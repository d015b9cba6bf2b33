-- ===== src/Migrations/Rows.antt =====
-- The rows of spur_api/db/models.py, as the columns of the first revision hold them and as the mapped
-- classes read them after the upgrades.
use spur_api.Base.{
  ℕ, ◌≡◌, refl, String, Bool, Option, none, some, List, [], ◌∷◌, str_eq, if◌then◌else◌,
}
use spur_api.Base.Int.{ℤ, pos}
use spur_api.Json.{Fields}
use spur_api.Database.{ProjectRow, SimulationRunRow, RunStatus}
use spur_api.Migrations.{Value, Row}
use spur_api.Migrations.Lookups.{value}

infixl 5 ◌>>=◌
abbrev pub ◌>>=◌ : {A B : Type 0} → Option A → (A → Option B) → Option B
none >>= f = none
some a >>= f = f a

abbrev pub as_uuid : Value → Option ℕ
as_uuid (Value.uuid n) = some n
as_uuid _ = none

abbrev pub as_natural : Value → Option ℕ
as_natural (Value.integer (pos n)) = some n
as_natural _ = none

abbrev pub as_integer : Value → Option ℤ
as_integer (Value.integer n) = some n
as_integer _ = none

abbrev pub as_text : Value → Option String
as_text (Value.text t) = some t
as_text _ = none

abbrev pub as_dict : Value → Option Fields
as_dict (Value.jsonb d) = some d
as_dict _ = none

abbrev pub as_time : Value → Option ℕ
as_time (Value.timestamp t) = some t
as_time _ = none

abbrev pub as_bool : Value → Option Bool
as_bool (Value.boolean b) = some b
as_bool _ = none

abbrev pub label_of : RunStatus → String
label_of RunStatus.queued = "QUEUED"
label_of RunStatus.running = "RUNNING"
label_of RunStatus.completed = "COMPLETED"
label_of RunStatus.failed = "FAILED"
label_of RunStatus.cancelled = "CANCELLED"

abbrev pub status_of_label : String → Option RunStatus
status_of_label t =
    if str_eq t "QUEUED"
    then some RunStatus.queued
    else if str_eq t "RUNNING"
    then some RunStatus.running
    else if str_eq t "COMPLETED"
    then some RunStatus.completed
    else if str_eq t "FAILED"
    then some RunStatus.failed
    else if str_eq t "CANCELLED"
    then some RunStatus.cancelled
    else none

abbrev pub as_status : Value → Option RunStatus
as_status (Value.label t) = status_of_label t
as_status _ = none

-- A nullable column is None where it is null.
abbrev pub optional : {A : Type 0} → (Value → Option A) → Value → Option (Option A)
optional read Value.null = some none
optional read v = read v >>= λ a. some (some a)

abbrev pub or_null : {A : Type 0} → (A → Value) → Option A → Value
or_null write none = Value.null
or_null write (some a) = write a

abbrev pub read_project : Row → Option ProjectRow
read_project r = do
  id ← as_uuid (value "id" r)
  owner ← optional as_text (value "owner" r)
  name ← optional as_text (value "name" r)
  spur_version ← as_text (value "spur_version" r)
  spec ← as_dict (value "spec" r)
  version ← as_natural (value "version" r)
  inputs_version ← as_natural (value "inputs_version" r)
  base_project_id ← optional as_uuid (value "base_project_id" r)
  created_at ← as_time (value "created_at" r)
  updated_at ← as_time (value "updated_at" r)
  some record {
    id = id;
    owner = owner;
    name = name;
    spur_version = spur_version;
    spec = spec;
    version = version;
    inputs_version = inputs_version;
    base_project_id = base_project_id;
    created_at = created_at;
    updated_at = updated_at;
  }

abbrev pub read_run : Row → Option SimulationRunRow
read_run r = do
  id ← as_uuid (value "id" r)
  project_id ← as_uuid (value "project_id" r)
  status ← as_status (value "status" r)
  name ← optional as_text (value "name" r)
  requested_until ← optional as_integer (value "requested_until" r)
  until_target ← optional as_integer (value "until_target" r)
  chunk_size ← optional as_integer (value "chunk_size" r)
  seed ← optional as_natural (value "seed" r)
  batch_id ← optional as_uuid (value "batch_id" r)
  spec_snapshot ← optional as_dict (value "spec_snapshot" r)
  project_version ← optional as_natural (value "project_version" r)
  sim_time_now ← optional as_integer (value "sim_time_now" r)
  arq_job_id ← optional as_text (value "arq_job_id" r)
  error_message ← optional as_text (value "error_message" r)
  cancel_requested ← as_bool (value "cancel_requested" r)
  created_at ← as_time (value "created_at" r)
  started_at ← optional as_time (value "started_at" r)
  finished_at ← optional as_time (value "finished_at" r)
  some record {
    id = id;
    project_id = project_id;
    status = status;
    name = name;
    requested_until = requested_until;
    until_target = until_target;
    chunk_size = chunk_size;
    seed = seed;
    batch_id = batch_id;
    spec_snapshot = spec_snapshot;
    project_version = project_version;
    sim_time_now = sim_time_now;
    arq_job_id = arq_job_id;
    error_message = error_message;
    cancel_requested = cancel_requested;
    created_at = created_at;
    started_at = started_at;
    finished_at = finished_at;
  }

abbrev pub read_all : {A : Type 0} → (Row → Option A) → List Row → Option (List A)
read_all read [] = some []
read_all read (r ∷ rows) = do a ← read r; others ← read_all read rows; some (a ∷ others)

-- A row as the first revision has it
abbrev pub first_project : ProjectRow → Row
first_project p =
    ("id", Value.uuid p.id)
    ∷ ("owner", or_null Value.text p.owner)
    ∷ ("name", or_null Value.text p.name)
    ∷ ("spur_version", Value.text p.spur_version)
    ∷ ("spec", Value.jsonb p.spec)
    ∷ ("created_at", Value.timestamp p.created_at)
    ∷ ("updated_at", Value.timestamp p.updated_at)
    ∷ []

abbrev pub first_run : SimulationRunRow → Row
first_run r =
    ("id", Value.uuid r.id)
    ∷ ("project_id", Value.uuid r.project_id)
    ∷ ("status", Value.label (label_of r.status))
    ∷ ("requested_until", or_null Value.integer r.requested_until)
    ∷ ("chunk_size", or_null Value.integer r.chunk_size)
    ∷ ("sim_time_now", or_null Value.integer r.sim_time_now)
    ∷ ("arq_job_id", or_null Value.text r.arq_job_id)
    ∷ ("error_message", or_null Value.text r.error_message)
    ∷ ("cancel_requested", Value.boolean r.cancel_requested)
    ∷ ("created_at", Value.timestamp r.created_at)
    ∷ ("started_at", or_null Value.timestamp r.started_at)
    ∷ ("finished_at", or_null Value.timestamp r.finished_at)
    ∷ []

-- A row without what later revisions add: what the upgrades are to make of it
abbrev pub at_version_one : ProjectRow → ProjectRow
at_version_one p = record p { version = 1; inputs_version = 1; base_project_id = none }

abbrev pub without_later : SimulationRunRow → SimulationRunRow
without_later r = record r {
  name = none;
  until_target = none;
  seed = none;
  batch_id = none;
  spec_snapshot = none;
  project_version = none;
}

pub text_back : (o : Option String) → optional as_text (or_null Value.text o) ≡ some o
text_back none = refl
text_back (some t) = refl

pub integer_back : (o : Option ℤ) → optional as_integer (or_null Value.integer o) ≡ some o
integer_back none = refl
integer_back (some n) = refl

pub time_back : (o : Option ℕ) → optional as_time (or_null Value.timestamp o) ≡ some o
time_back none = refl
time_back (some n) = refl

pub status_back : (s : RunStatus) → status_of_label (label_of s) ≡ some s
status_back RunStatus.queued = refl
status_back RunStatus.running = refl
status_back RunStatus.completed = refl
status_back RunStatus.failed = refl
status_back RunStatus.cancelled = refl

■ **WHAT YOU NEED TO DO**
Extract the full listing above without alteration.

■ **EXERCISE SOLUTION**
repository d015b9cba6bf2b33
-- ===== src/Migrations/Rows.antt =====
-- The rows of spur_api/db/models.py, as the columns of the first revision hold them and as the mapped
-- classes read them after the upgrades.
use spur_api.Base.{
  ℕ, ◌≡◌, refl, String, Bool, Option, none, some, List, [], ◌∷◌, str_eq, if◌then◌else◌,
}
use spur_api.Base.Int.{ℤ, pos}
use spur_api.Json.{Fields}
use spur_api.Database.{ProjectRow, SimulationRunRow, RunStatus}
use spur_api.Migrations.{Value, Row}
use spur_api.Migrations.Lookups.{value}

infixl 5 ◌>>=◌
abbrev pub ◌>>=◌ : {A B : Type 0} → Option A → (A → Option B) → Option B
none >>= f = none
some a >>= f = f a

abbrev pub as_uuid : Value → Option ℕ
as_uuid (Value.uuid n) = some n
as_uuid _ = none

abbrev pub as_natural : Value → Option ℕ
as_natural (Value.integer (pos n)) = some n
as_natural _ = none

abbrev pub as_integer : Value → Option ℤ
as_integer (Value.integer n) = some n
as_integer _ = none

abbrev pub as_text : Value → Option String
as_text (Value.text t) = some t
as_text _ = none

abbrev pub as_dict : Value → Option Fields
as_dict (Value.jsonb d) = some d
as_dict _ = none

abbrev pub as_time : Value → Option ℕ
as_time (Value.timestamp t) = some t
as_time _ = none

abbrev pub as_bool : Value → Option Bool
as_bool (Value.boolean b) = some b
as_bool _ = none

abbrev pub label_of : RunStatus → String
label_of RunStatus.queued = "QUEUED"
label_of RunStatus.running = "RUNNING"
label_of RunStatus.completed = "COMPLETED"
label_of RunStatus.failed = "FAILED"
label_of RunStatus.cancelled = "CANCELLED"

abbrev pub status_of_label : String → Option RunStatus
status_of_label t =
    if str_eq t "QUEUED"
    then some RunStatus.queued
    else if str_eq t "RUNNING"
    then some RunStatus.running
    else if str_eq t "COMPLETED"
    then some RunStatus.completed
    else if str_eq t "FAILED"
    then some RunStatus.failed
    else if str_eq t "CANCELLED"
    then some RunStatus.cancelled
    else none

abbrev pub as_status : Value → Option RunStatus
as_status (Value.label t) = status_of_label t
as_status _ = none

-- A nullable column is None where it is null.
abbrev pub optional : {A : Type 0} → (Value → Option A) → Value → Option (Option A)
optional read Value.null = some none
optional read v = read v >>= λ a. some (some a)

abbrev pub or_null : {A : Type 0} → (A → Value) → Option A → Value
or_null write none = Value.null
or_null write (some a) = write a

abbrev pub read_project : Row → Option ProjectRow
read_project r = do
  id ← as_uuid (value "id" r)
  owner ← optional as_text (value "owner" r)
  name ← optional as_text (value "name" r)
  spur_version ← as_text (value "spur_version" r)
  spec ← as_dict (value "spec" r)
  version ← as_natural (value "version" r)
  inputs_version ← as_natural (value "inputs_version" r)
  base_project_id ← optional as_uuid (value "base_project_id" r)
  created_at ← as_time (value "created_at" r)
  updated_at ← as_time (value "updated_at" r)
  some record {
    id = id;
    owner = owner;
    name = name;
    spur_version = spur_version;
    spec = spec;
    version = version;
    inputs_version = inputs_version;
    base_project_id = base_project_id;
    created_at = created_at;
    updated_at = updated_at;
  }

abbrev pub read_run : Row → Option SimulationRunRow
read_run r = do
  id ← as_uuid (value "id" r)
  project_id ← as_uuid (value "project_id" r)
  status ← as_status (value "status" r)
  name ← optional as_text (value "name" r)
  requested_until ← optional as_integer (value "requested_until" r)
  until_target ← optional as_integer (value "until_target" r)
  chunk_size ← optional as_integer (value "chunk_size" r)
  seed ← optional as_natural (value "seed" r)
  batch_id ← optional as_uuid (value "batch_id" r)
  spec_snapshot ← optional as_dict (value "spec_snapshot" r)
  project_version ← optional as_natural (value "project_version" r)
  sim_time_now ← optional as_integer (value "sim_time_now" r)
  arq_job_id ← optional as_text (value "arq_job_id" r)
  error_message ← optional as_text (value "error_message" r)
  cancel_requested ← as_bool (value "cancel_requested" r)
  created_at ← as_time (value "created_at" r)
  started_at ← optional as_time (value "started_at" r)
  finished_at ← optional as_time (value "finished_at" r)
  some record {
    id = id;
    project_id = project_id;
    status = status;
    name = name;
    requested_until = requested_until;
    until_target = until_target;
    chunk_size = chunk_size;
    seed = seed;
    batch_id = batch_id;
    spec_snapshot = spec_snapshot;
    project_version = project_version;
    sim_time_now = sim_time_now;
    arq_job_id = arq_job_id;
    error_message = error_message;
    cancel_requested = cancel_requested;
    created_at = created_at;
    started_at = started_at;
    finished_at = finished_at;
  }

abbrev pub read_all : {A : Type 0} → (Row → Option A) → List Row → Option (List A)
read_all read [] = some []
read_all read (r ∷ rows) = do a ← read r; others ← read_all read rows; some (a ∷ others)

-- A row as the first revision has it
abbrev pub first_project : ProjectRow → Row
first_project p =
    ("id", Value.uuid p.id)
    ∷ ("owner", or_null Value.text p.owner)
    ∷ ("name", or_null Value.text p.name)
    ∷ ("spur_version", Value.text p.spur_version)
    ∷ ("spec", Value.jsonb p.spec)
    ∷ ("created_at", Value.timestamp p.created_at)
    ∷ ("updated_at", Value.timestamp p.updated_at)
    ∷ []

abbrev pub first_run : SimulationRunRow → Row
first_run r =
    ("id", Value.uuid r.id)
    ∷ ("project_id", Value.uuid r.project_id)
    ∷ ("status", Value.label (label_of r.status))
    ∷ ("requested_until", or_null Value.integer r.requested_until)
    ∷ ("chunk_size", or_null Value.integer r.chunk_size)
    ∷ ("sim_time_now", or_null Value.integer r.sim_time_now)
    ∷ ("arq_job_id", or_null Value.text r.arq_job_id)
    ∷ ("error_message", or_null Value.text r.error_message)
    ∷ ("cancel_requested", Value.boolean r.cancel_requested)
    ∷ ("created_at", Value.timestamp r.created_at)
    ∷ ("started_at", or_null Value.timestamp r.started_at)
    ∷ ("finished_at", or_null Value.timestamp r.finished_at)
    ∷ []

-- A row without what later revisions add: what the upgrades are to make of it
abbrev pub at_version_one : ProjectRow → ProjectRow
at_version_one p = record p { version = 1; inputs_version = 1; base_project_id = none }

abbrev pub without_later : SimulationRunRow → SimulationRunRow
without_later r = record r {
  name = none;
  until_target = none;
  seed = none;
  batch_id = none;
  spec_snapshot = none;
  project_version = none;
}

pub text_back : (o : Option String) → optional as_text (or_null Value.text o) ≡ some o
text_back none = refl
text_back (some t) = refl

pub integer_back : (o : Option ℤ) → optional as_integer (or_null Value.integer o) ≡ some o
integer_back none = refl
integer_back (some n) = refl

pub time_back : (o : Option ℕ) → optional as_time (or_null Value.timestamp o) ≡ some o
time_back none = refl
time_back (some n) = refl

pub status_back : (s : RunStatus) → status_of_label (label_of s) ≡ some s
status_back RunStatus.queued = refl
status_back RunStatus.running = refl
status_back RunStatus.completed = refl
status_back RunStatus.failed = refl
status_back RunStatus.cancelled = refl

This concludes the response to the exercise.